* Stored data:
----
-- ===== src/Examples/Service.antt =====
-- One lot with a row and an order, and the theorems of the service at it.
use short_trading_bot.Base.{
  ℕ, ◌+◌, ◌*◌, ◌/◌, ◌≤◌, ◌≡◌, refl, sym, ℕ_discrete, inl, true, false, none, some, List, [], ◌∷◌,
  arith, get_at, inr,
}
use short_trading_bot.Base.Int.{pos}
use short_trading_bot.Domain.Enums.{krx, d1, krw, buy, sell, PositionState}
use short_trading_bot.Domain.Position.{Lot}
use short_trading_bot.Execution.Types.{OrderRequest, paper}
use short_trading_bot.Execution.Store.{Order, PositionRow, find_order}
use short_trading_bot.Execution.OrderManager.{Response, acked, returned}
use short_trading_bot.Execution.Fx.{FxRates}
use short_trading_bot.Risk.Control.{new_switch}
use short_trading_bot.App.Service.State.{
  World, is_flat, find_lot, tracked_lots, slot_lots, any_held,
}
use short_trading_bot.App.Service.State.Flat.{is_flat_sees}
use short_trading_bot.App.Service.Restore.{lot_from_row, runtime_row}
use short_trading_bot.App.Service.Restore.RoundTrip.{lot_from_row-runtime_row}
use short_trading_bot.App.Service.Books.{cap_entry_qty}
use short_trading_bot.App.Service.Books.Caps.{cap_entry_qty_lem}
use short_trading_bot.App.Service.Handler.{on_fills}
use short_trading_bot.App.Service.Handler.Steps.{IsInStep}
use short_trading_bot.App.Service.Handler.Links.{IsLinked}
use short_trading_bot.App.Service.Handler.Agreement.{on_fills-IsInStep}
use short_trading_bot.App.Service.Polling.Agreement.{IsAgreed}
use short_trading_bot.App.Service.Orders.{
  Outside, submit, release_if_terminal, past_barrier, refresh_then, past_lock, place,
}
use short_trading_bot.App.Service.Polling.{refresh_fills, refreshed, clear_barriers}
use short_trading_bot.App.Service.Orders.Locks.{
  IsGuarded, IsQuiet, IsFresh, submit_locked, submit-IsGuarded,
}
use short_trading_bot.App.Service.Orders.Barrier.{submit-IsCoveredSale, IsCoveredSale}
use short_trading_bot.App.Service.Orders.Upkeep.{submit-IsAgreed}
use short_trading_bot.App.Service.Startup.{lock_open_orders}
use short_trading_bot.App.Service.Startup.Locks.{AllLocked, lock_open_orders_lem}
use short_trading_bot.App.Service.Startup.Replay.{Taken}
use short_trading_bot.Examples.Orders.{evening, order, position, part}
use short_trading_bot.Examples.Lots.{floor}

-- ten shares of the lot are held
abbrev pub lot : Lot
lot = record {
  lot_id = 1;
  ticker = 5930;
  market = krx;
  currency = krw;
  resolution = d1;
  state = PositionState.holding;
  qty = 10;
  avg_entry = 100;
  realized_pnl = pos 0;
  peak_price = 120;
  bars_held = 3;
  initial_stop = some 90;
  original_qty = 10;
  tp_rungs_taken = 0;
  pending_stop = none;
  pending_original_qty = none;
}

abbrev row : PositionRow
row = record position {
  state = PositionState.holding;
  qty_filled = 10;
  avg_entry_price = 100;
  initial_stop = 90;
  peak_price = 120;
  original_qty = 10;
}

abbrev rates : FxRates
rates = record { one = 1; to_krw = λ c. none }

-- the memory has the lot, and an order to buy ten more with its lock
abbrev pub world : World
world = record {
  lots = lot ∷ [];
  slots = ((5930, d1), 1) ∷ [];
  pending = (2, 7) ∷ [];
  metas = [];
  refresh_before_sell = [];
  unconfirmed_buy_cancels = [];
  startup_refresh_pending = false;
  seen = [];
  last_price = [];
  cash_cache = none;
  equity_stale = false;
  daily_realized = pos 0;
  daily_date = none;
  peak_equity = pos 0;
  control = new_switch;
  store = record {
    orders = order ∷ [];
    fills = [];
    positions = row ∷ [];
    audit = [];
    column = λ n. n;
  };
}

-- the same after a start whose fills have not been taken in
abbrev started : World
started = record world { startup_refresh_pending = true }

-- an id above all that are in use
abbrev next_cid : List Order → ℕ
next_cid [] = 1
next_cid (o ∷ orders) = o.client_order_id + next_cid orders + 1

above : (k : ℕ) (orders : List Order) → next_cid orders ≤ k → find_order k orders ≡ none
above k [] h = refl
above k (o ∷ orders) h = ground (arith, above k orders)

abbrev accepts : OrderRequest → Response
accepts req = (
  [],
  acked (record {
    client_order_id = req.client_order_id;
    accepted = true;
    broker_order_no = some 556;
    tr_id = none;
    reject_reason = none;
  }),
)

abbrev env : Outside
env = record {
  autoflush = true;
  quot = λ a b. a / b;
  rates = rates;
  now = evening;
  submit_order = accepts;
  cancel_order = λ req n. accepts req;
  executions = λ w. some ([], true);
  fresh_cid = λ w. next_cid w.store.orders;
  fresh_id = λ w. next_cid w.store.orders;
}

env-IsFresh : IsFresh env
env-IsFresh w = above (next_cid w.store.orders) w.store.orders (omega arith)

env-IsQuiet : IsQuiet env
env-IsQuiet = (λ req. refl, λ req n. refl)

world-IsLinked : IsLinked world
world-IsLinked cid meta e = unfold get_at in cc

world-IsInStep : IsInStep world
world-IsInStep id l r el er = elim (ℕ_discrete 1 id) [
  | yes same ↦
      let a : l ≡ lot = ground arith in
      let b : r ≡ row = ground arith in
      rw (a, b) (record { same_qty = refl; same_avg = refl; same_pnl = refl })
  | no ne ↦ ground arith
]

world-IsGuarded : IsGuarded world
world-IsGuarded cid o f s = elim (ℕ_discrete 7 cid) [
  | yes same ↦ let a : o ≡ order = ground arith in rw (a, sym same) (unfold get_at in refl)
  | no ne ↦ ground arith
]

world-IsAgreed : IsAgreed world
world-IsAgreed = record { is_linked = world-IsLinked; is_in_step = world-IsInStep }

submit-IsAgreed_example : IsAgreed (submit env true lot sell 10 100 false world).0
submit-IsAgreed_example =
    submit-IsAgreed env true lot sell 10 100 false world env-IsFresh world-IsAgreed

on_fills-IsInStep_example :
    let w' = (on_fills true floor rates evening (part 4 ∷ part 6 ∷ []) world).0 in
    IsLinked w' × IsInStep w'
on_fills-IsInStep_example =
    on_fills-IsInStep true floor rates evening (part 4 ∷ part 6 ∷ []) world world-IsLinked
      world-IsInStep

submit-IsGuarded_example : IsGuarded (submit env false lot buy 10 100 true world).0
submit-IsGuarded_example =
    submit-IsGuarded env lot 10 100 true world env-IsQuiet env-IsFresh world-IsGuarded

submit_locked_example : submit env false lot buy 5 100 true world ≡ (world, returned false)
submit_locked_example =
    submit_locked env lot buy 5 100 true world 7 order world-IsGuarded refl refl refl
      (inr (inr (inl refl))) (λ e. cc)

submit-IsCoveredSale_example :
    IsCoveredSale env true lot 100 false 15 (submit env true lot sell 15 100 false started)
submit-IsCoveredSale_example = submit-IsCoveredSale env true lot 100 false 15 started (inl refl) (
    unfold submit past_barrier refresh_then refresh_fills refreshed clear_barriers past_lock
      release_if_terminal place in
    refl)

lot_from_row-runtime_row_example :
    lot_from_row (runtime_row (λ n. n) lot row) ≡ some (record lot { bars_held = 0 })
lot_from_row-runtime_row_example =
    lot_from_row-runtime_row (λ n. n) lot row
      (record {
        same_id = refl;
        same_ticker = refl;
        same_market = refl;
        same_currency = refl;
        same_resolution = refl;
        figures = record { same_qty = refl; same_avg = refl; same_pnl = refl };
      })
      refl refl (omega arith) (omega arith) refl (λ k e. grind arith)

-- two shares are sold from the lot in the evening, at a time that the broker does not say
abbrev evening_sale : Taken
evening_sale = record {
  fill = record {
    client_order_id = 71;
    qty = 2;
    price = 110;
    fee = 1;
    tax = 1;
    currency = krw;
    ts = none;
    source = paper;
  };
  order = record order { side = sell };
  is_add = false;
  at = evening;
}

cap_entry_qty_lem_example :
    let q = cap_entry_qty 1 floor (some 1050) lot 20 100 1 in
    (q ≤ 20) × (100 * q * 1 ≤ 1050) × ((n : ℕ) → n * 1 ≤ 20 → 100 * (n * 1) * 1 ≤ 1050 → n * 1 ≤ q)
cap_entry_qty_lem_example =
    cap_entry_qty_lem 1 floor 1050 lot 20 100 1 refl (omega arith) (omega arith) (omega arith)

-- everything has been sold
abbrev sold_out : World
sold_out = record world { lots = record lot { qty = 0 } ∷ []; pending = [] }

is_flat_sees_example :
    ((id : ℕ) (l : Lot) → find_lot id sold_out.lots ≡ some l → l.qty ≡ 0)
    × (sold_out.pending ≡ [])
    × (sold_out.unconfirmed_buy_cancels ≡ [])
    × (sold_out.startup_refresh_pending ≡ false)
is_flat_sees_example =
    is_flat_sees sold_out (unfold is_flat tracked_lots slot_lots any_held in refl)

lock_open_orders_lem_example :
    AllLocked
      (order ∷ [])
      (record world { lots = []; pending = [] })
      (lock_open_orders (order ∷ []) (record world { lots = []; pending = [] }))
lock_open_orders_lem_example =
    lock_open_orders_lem (order ∷ []) (record world { lots = []; pending = [] })
      ((row, refl, (record lot { bars_held = 0 }, unfold lot_from_row in refl)), tt)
----
* WHAT YOU WILL DO: Check each line above for the string "refreshed" and return those that contain it.

* SOLUTION:
use short_trading_bot.App.Service.Polling.{refresh_fills, refreshed, clear_barriers}
    unfold submit past_barrier refresh_then refresh_fills refreshed clear_barriers past_lock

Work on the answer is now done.